China’s venture capital firms outperform US, European peers amid breakneck economic growth in the past two decades
- China has become the world’s second largest venture capital market, with over 3,500 firms managing total assets worth nearly 2 trillion yuan
Chinese venture capital funds have outperformed those in the US and Europe in the last 20 years, as the country’s breakneck economic growth has given impetus to the rapid expansion of the industry, according to analysts.
Nevertheless, the sector is forecast to face major upheaval in 2019, with many smaller funds expected to collapse as winter sets in for the capital market amid a deepening economic downturn.

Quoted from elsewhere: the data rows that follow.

-- ===== src/Prelude/Bits.antt =====
-- Single bits of a number, and `&` and `|` bit by bit.
use Prim.Native.Nat.{
  min, max, digits, bitwise, bit_and-bitwise, bit_or-bitwise, bit_xor, bit_xor-bitwise, differ,
}
use native.Mathlib.Nat.{le_refl, pow-suc, mul_assoc}
use zenux_services.Prelude.{
  ℕ, zero, suc, ◌+◌, ◌-◌, ◌*◌, ◌/◌, ◌%◌, ◌^◌, ◌≤◌, ◌<◌, bit_and, bit_or, ◌≡◌, refl, sym, ap, ◌∙◌,
  Bool, true, false, not, ◌&&◌, ◌||◌, arith, ◌==◌,
}

-- Bit `i` of `a`.
unfoldable pub test_bit : ℕ → ℕ → Bool
test_bit a zero = a % 2 == 1
test_bit a (suc i) = test_bit (a / 2) i

-- The same truth value.
abbrev pub same : Bool → Bool → Bool
same true b = b
same false b = not b

pub same→eq : (a b : Bool) → same a b ≡ true → a ≡ b
same→eq a b h = ground arith

-- A native operation on bits is a recursion on fuel. Any fuel that covers the first number gives the
-- same result, and the lowest bit splits off.
module _ (rest : ℕ → ℕ) (join : ℕ → ℕ → ℕ) where
  enough : (x y k l : ℕ) → x ≤ k → x ≤ l → digits rest join k x y ≡ digits rest join l x y
  enough zero y zero zero hk hl = refl
  enough zero y (suc k) zero hk hl = refl
  enough zero y zero (suc l) hk hl = refl
  enough zero y (suc k) (suc l) hk hl = refl
  enough (suc x) y zero l hk hl = absurd (omega arith)
  enough (suc x) y (suc k) zero hk hl = absurd (omega arith)
  enough (suc x) y (suc k) (suc l) hk hl =
      let half = suc x / 2 in
      let same_rest : digits rest join k half (y / 2) ≡ digits rest join l half (y / 2) =
        enough half (y / 2) k l (omega arith) (omega arith) in
      ap (λ d. d * 2 + join (suc x % 2) (y % 2)) same_rest

  lowest :
      (x y : ℕ)
      → join (suc x % 2) (y % 2) + 2 * bitwise rest join (suc x / 2) (y / 2)
        ≡ bitwise rest join (suc x) y
  lowest x y =
      let half = suc x / 2 in omega (arith, enough half (y / 2) x half (omega arith) (le_refl half))

differ_digits : (x y : ℕ) → x < 2 → y < 2 → differ x y ≡ (x + y) % 2
differ_digits zero y p q = omega arith
differ_digits (suc zero) zero p q = omega arith
differ_digits (suc zero) (suc zero) p q = omega arith
differ_digits (suc zero) (suc (suc y)) p q = absurd (omega arith)
differ_digits (suc (suc x)) y p q = absurd (omega arith)

pub bit_xor_step : (x y : ℕ) → bit_xor x y ≡ bit_xor (x / 2) (y / 2) * 2 + (x % 2 + y % 2) % 2
bit_xor_step zero y = simp bit_xor-bitwise (omega arith)
bit_xor_step (suc x) y = simp bit_xor-bitwise (
    omega (
      arith,
      lowest (λ t. t) differ x y,
      differ_digits (suc x % 2) (y % 2) (omega arith) (omega arith),
    ))

pub bit_and_step : (x y : ℕ) → bit_and x y ≡ bit_and (x / 2) (y / 2) * 2 + min (x % 2) (y % 2)
bit_and_step (suc x) y = simp bit_and-bitwise (omega (arith, lowest (λ t. 0) min x y))
bit_and_step zero y = simp bit_and-bitwise (omega arith)

pub bit_or_step : (x y : ℕ) → bit_or x y ≡ bit_or (x / 2) (y / 2) * 2 + max (x % 2) (y % 2)
bit_or_step (suc x) y = simp bit_or-bitwise (omega (arith, lowest (λ t. t) max x y))
bit_or_step zero y = simp bit_or-bitwise (omega arith)

bit_or-half : (a b : ℕ) → bit_or a b / 2 ≡ bit_or (a / 2) (b / 2)
bit_or-half a b = omega (arith, bit_or_step a b)

bit_and-half : (a b : ℕ) → bit_and a b / 2 ≡ bit_and (a / 2) (b / 2)
bit_and-half a b = omega (arith, bit_and_step a b)

bit_xor-half : (a b : ℕ) → bit_xor a b / 2 ≡ bit_xor (a / 2) (b / 2)
bit_xor-half a b = omega (arith, bit_xor_step a b)

pub test_bit-xor : (a b i : ℕ) → test_bit (bit_xor a b) i ≡ not (same (test_bit a i) (test_bit b i))
unfolding test_bit
test_bit-xor a b zero = ground (arith, bit_xor_step a b)
test_bit-xor a b (suc i) = rw (bit_xor-half a b) (test_bit-xor (a / 2) (b / 2) i)

pub test_bit-or : (a b i : ℕ) → test_bit (bit_or a b) i ≡ (test_bit a i || test_bit b i)
unfolding test_bit
test_bit-or a b zero = ground (arith, bit_or_step a b)
test_bit-or a b (suc i) = rw (bit_or-half a b) (test_bit-or (a / 2) (b / 2) i)

pub test_bit-and : (a b i : ℕ) → test_bit (bit_and a b) i ≡ (test_bit a i && test_bit b i)
unfolding test_bit
test_bit-and a b zero = ground (arith, bit_and_step a b)
test_bit-and a b (suc i) = rw (bit_and-half a b) (test_bit-and (a / 2) (b / 2) i)

-- Words of `n` bits with the same bits are equal.
pub eq_of_bits :
    (n a b : ℕ) → a < 2 ^ n → b < 2 ^ n → ((i : ℕ) → i < n → test_bit a i ≡ test_bit b i) → a ≡ b
unfolding test_bit
eq_of_bits zero a b p q h = omega arith
eq_of_bits (suc n) a b p q h = ground (
  arith,
  h 0 (omega arith),
  eq_of_bits n (a / 2) (b / 2) (omega (arith, pow-suc 2 n)) (omega (arith, pow-suc 2 n))
      (λ i lt. h (suc i) (omega arith)),
)

pub bit_or-lt : (n a b : ℕ) → a < 2 ^ n → b < 2 ^ n → bit_or a b < 2 ^ n
bit_or-lt zero a b p q =
    let a0 : a ≡ 0 = omega arith in let b0 : b ≡ 0 = omega arith in rw (a0, b0) (omega arith)
bit_or-lt (suc n) a b p q = omega (
  arith,
  pow-suc 2 n,
  bit_or_step a b,
  bit_or-lt n (a / 2) (b / 2) (omega (arith, pow-suc 2 n)) (omega (arith, pow-suc 2 n)),
)

-- `&` does not grow.
pub bit_and-lt : (n a b : ℕ) → a < 2 ^ n → bit_and a b < 2 ^ n
bit_and-lt zero a b p = let a0 : a ≡ 0 = omega arith in rw a0 (omega (arith, bit_and-bitwise 0 b))
bit_and-lt (suc n) a b p = omega (
  arith,
  pow-suc 2 n,
  bit_and_step a b,
  bit_and-lt n (a / 2) (b / 2) (omega (arith, pow-suc 2 n)),
)

-- A test that all numbers below a bound pass, by evaluation.
unfoldable pub pass_below : ℕ → (ℕ → Bool) → Bool
pass_below zero test = true
pass_below (suc bound) test = pass_below bound test && test bound

pub pass_below→pass :
    (bound : ℕ) (test : ℕ → Bool) (i : ℕ) → pass_below bound test ≡ true → i < bound → test i ≡ true
unfolding pass_below
pass_below→pass (suc bound) test i all low = ground (arith, pass_below→pass bound test i)
pass_below→pass zero test i all low = absurd (omega arith)

pub test_bit-zero : (i : ℕ) → test_bit 0 i ≡ false
unfolding test_bit
test_bit-zero zero = refl
test_bit-zero (suc i) = test_bit-zero i

-- `~v` in a word of `n` bits.
pub test_bit-complement :
    (n v i : ℕ) → v < 2 ^ n → i < n → test_bit (2 ^ n - 1 - v) i ≡ not (test_bit v i)
unfolding test_bit
test_bit-complement zero v i p lt = absurd (omega arith)
test_bit-complement (suc n) v zero p lt = ground (arith, pow-suc 2 n)
test_bit-complement (suc n) v (suc i) p lt =
    let half : (2 ^ suc n - 1 - v) / 2 ≡ 2 ^ n - 1 - v / 2 = omega (arith, pow-suc 2 n) in
    rw half (test_bit-complement n (v / 2) i (omega (arith, pow-suc 2 n)) (omega arith))

pub bit_and-zero : (a : ℕ) → bit_and a 0 ≡ 0
bit_and-zero a = fuel a a (omega arith)
  where
    fuel : (n b : ℕ) → b ≤ n → bit_and b 0 ≡ 0
    fuel n zero h = refl
    fuel zero (suc b) h = absurd (omega arith)
    fuel (suc n) (suc b) h = omega (arith, bit_and_step (suc b) 0, fuel n (suc b / 2) (omega arith))

-- `&` with a mask of low bits is the remainder.
pub bit_and-one : (a : ℕ) → bit_and a 1 ≡ a % 2
bit_and-one a = omega (arith, bit_and_step a 1, bit_and-zero (a / 2))

pub bit_and_three : (a : ℕ) → bit_and a 3 ≡ a % 4
bit_and_three a = omega (arith, bit_and_step a 3, bit_and-one (a / 2))

pub bit_and_nibble : (a : ℕ) → bit_and a 0x0F ≡ a % 16
bit_and_nibble a =
    omega (arith, bit_and_step a 15, bit_and_step (a / 2) 7, bit_and_three (a / 2 / 2))

pub bit_and_high_nibble : (a : ℕ) → bit_and a 0xF0 ≡ a / 16 % 16 * 16
bit_and_high_nibble a = omega (
  arith,
  bit_and_step a 0xF0,
  bit_and_step (a / 2) 0x78,
  bit_and_step (a / 2 / 2) 0x3C,
  bit_and_step (a / 2 / 2 / 2) 0x1E,
  bit_and_nibble (a / 2 / 2 / 2 / 2),
)

pub bit_and_six_bits : (a : ℕ) → bit_and a 0x3f ≡ a % 64
bit_and_six_bits a =
    omega (arith, bit_and_step a 63, bit_and_step (a / 2) 31, bit_and_nibble (a / 2 / 2))

pub bit_and_byte : (a : ℕ) → bit_and a 0xff ≡ a % 256
bit_and_byte a =
    omega (arith, bit_and_step a 255, bit_and_step (a / 2) 127, bit_and_six_bits (a / 2 / 2))

bit_and_twelve_bits : (a : ℕ) → bit_and a 0xFFF ≡ a % 4096
bit_and_twelve_bits a = omega (
  arith,
  bit_and_step a 0xFFF,
  bit_and_step (a / 2) 0x7FF,
  bit_and_step (a / 2 / 2) 0x3FF,
  bit_and_step (a / 2 / 2 / 2) 0x1FF,
  bit_and_byte (a / 2 / 2 / 2 / 2),
)

pub bit_and_half_word : (a : ℕ) → bit_and a 0xFFFF ≡ a % 65536
bit_and_half_word a = omega (
  arith,
  bit_and_step a 0xFFFF,
  bit_and_step (a / 2) 0x7FFF,
  bit_and_step (a / 2 / 2) 0x3FFF,
  bit_and_step (a / 2 / 2 / 2) 0x1FFF,
  bit_and_twelve_bits (a / 2 / 2 / 2 / 2),
)

bit_or_zero : (y : ℕ) → bit_or 0 y ≡ y
bit_or_zero y = fuel y y (le_refl y)
  where
    fuel : (n b : ℕ) → b ≤ n → bit_or 0 b ≡ b
    fuel n zero h = refl
    fuel zero (suc b) h = absurd (omega arith)
    fuel (suc n) (suc b) h = omega (arith, bit_or_step 0 (suc b), fuel n (suc b / 2) (omega arith))

-- `|` of a low and a high part is their sum.
pub bit_or-high : (n x y : ℕ) → x < 2 ^ n → bit_or x (y * 2 ^ n) ≡ x + y * 2 ^ n
bit_or-high zero x y h =
    let x0 : x ≡ 0 = omega arith in
    let y1 : y * 2 ^ 0 ≡ y = omega arith in rw (x0, y1) (omega (arith, bit_or_zero y))
bit_or-high (suc n) x y h =
    let twice : y * 2 ^ suc n ≡ y * 2 ^ n * 2 =
      ap (λ p. y * p) (pow-suc 2 n) ∙ sym (mul_assoc y (2 ^ n) 2) in
    let high = y * 2 ^ n in
    let half : high * 2 / 2 ≡ high = omega arith in
    let low = bit_or-high n (x / 2) y (omega (arith, pow-suc 2 n)) in
    let step : bit_or x (high * 2) ≡ x + high * 2 =
      bit_or_step x (high * 2) ∙ rw (half, low) (omega arith) in
    rw twice step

Chinese VC funds delivered an overall return of 1.79 times in the period from 1997 to 2018 as measured by total value to paid-in capital. That compared with US funds on 1.7 times and Western European vehicles on 1.75 times, according to an analysis released on Thursday by Paris-based eFront, a global financial software provider focused on private equity and alternative investments.
“China is one of the [world’s] largest emerging markets. The country has seen the fast development of a professional VC sector over the course of the last two decades,” said the report.
With soaring economic growth and the rapid advance of internet technology, China has become the world’s second largest VC market. It now has more than 3,500 VC firms managing total assets worth nearly 2 trillion yuan, according to separate government figures from China’s National Development and Reform Commission (NDRC). The NDRC is China’s top economic planner.